I took the next step, saying to the participants: whatever your habitual way of using your hands, I ask you to inhibit it, in order to allow for something new to happen, a new experience of touch. The next time you put your hands on your partner I want you to have the intention of merging your hands with the pupil’s body, as if your hands become part of your pupil’s bodily tissues. The border between skins disappears, there is no separation, it is one thing. Inside your pupil there is movement, a movement determined by the myofascial system in constant search for balance. Do you want to feel this movement? Well, you need to allow your hands to move in accordance with it. It is a very subtle movement. You need to be very gentle. Your contact has to be firm and delicate. The inner movement of your pupil can take any direction, unpredictable directions. You need to free your hands and allow them to go anywhere with that movement. It may not be what you consider lengthening and widening, but please, inhibit your reaction and go with it. Your pupil is going to show you something that you would not see in any other way. Are you available for this new perception?
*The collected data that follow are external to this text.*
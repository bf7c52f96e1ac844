-- ===== src/Examples.antt =====
-- Tests, and an application of each theorem at a concrete input.
mod Fixtures
mod Pins
mod Guards
mod Queue
mod Stores
mod Fit
mod Routes
mod Dispatching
In the next experiment, again performed in pairs, each pupil lay semi-supine on the table. Each teacher, standing at the head of the table, placed their hands underneath the pupil’s neck, merging them with the pupil’s body and following the inner movement. Then they moved their hands to the sides of the shoulders, with the same intention. Next they took one arm, supported it, merged with it, allowing it to move and going with it. Each pair then swapped around. Once you have established this kind of contact, the inner movement of your pupil can take the form of a real, outer movement of the body or part of it. You are called upon to give enough support to make the movement possible, which can go from a light touch to the full support of a limb. Follow the movement until it stops, direct yourself and wait for signs of release with expansion. Then move your hands away.

We went back to chair work. I asked the participants to go through the activities we had listed at the beginning again, one after the other, but this time they would all be preceded by the intention of merging their hands with the pupil and allowing them to move in accordance with the pupil’s inner movement. So: go back to oneself, listen, observe, etc. After the practical experience, the questions were: do these activities have the same meaning as before? What change have you noticed? The feedback was generally positive. Most of the people present seemed to be more conscious of the possibility of feeling through their hands, and how this fits into their use of the hands in teaching, sometimes discovering that poor use of the hands is what prevents the feeling.

This is not a new way of using your hands on a pupil. It is an approach that incorporates the wish for feeling through the hands. It helps to inhibit any attempt to do something in the first place and brings you back repeatedly to your inhibition and direction process, which is what we try to teach all the time. The feeling approach reduces the development of habits in the use of our hands. The more we feel, the less we need to do. A “feeling touch” makes your hands-on work more accurate and helps your pupil to inhibit and direct more appropriately. Let me repeat that this approach would be of no value for Alexander teaching purposes if the use of our hands was not supported by a general conscious directed use of our entire self, which represents the basis of our work.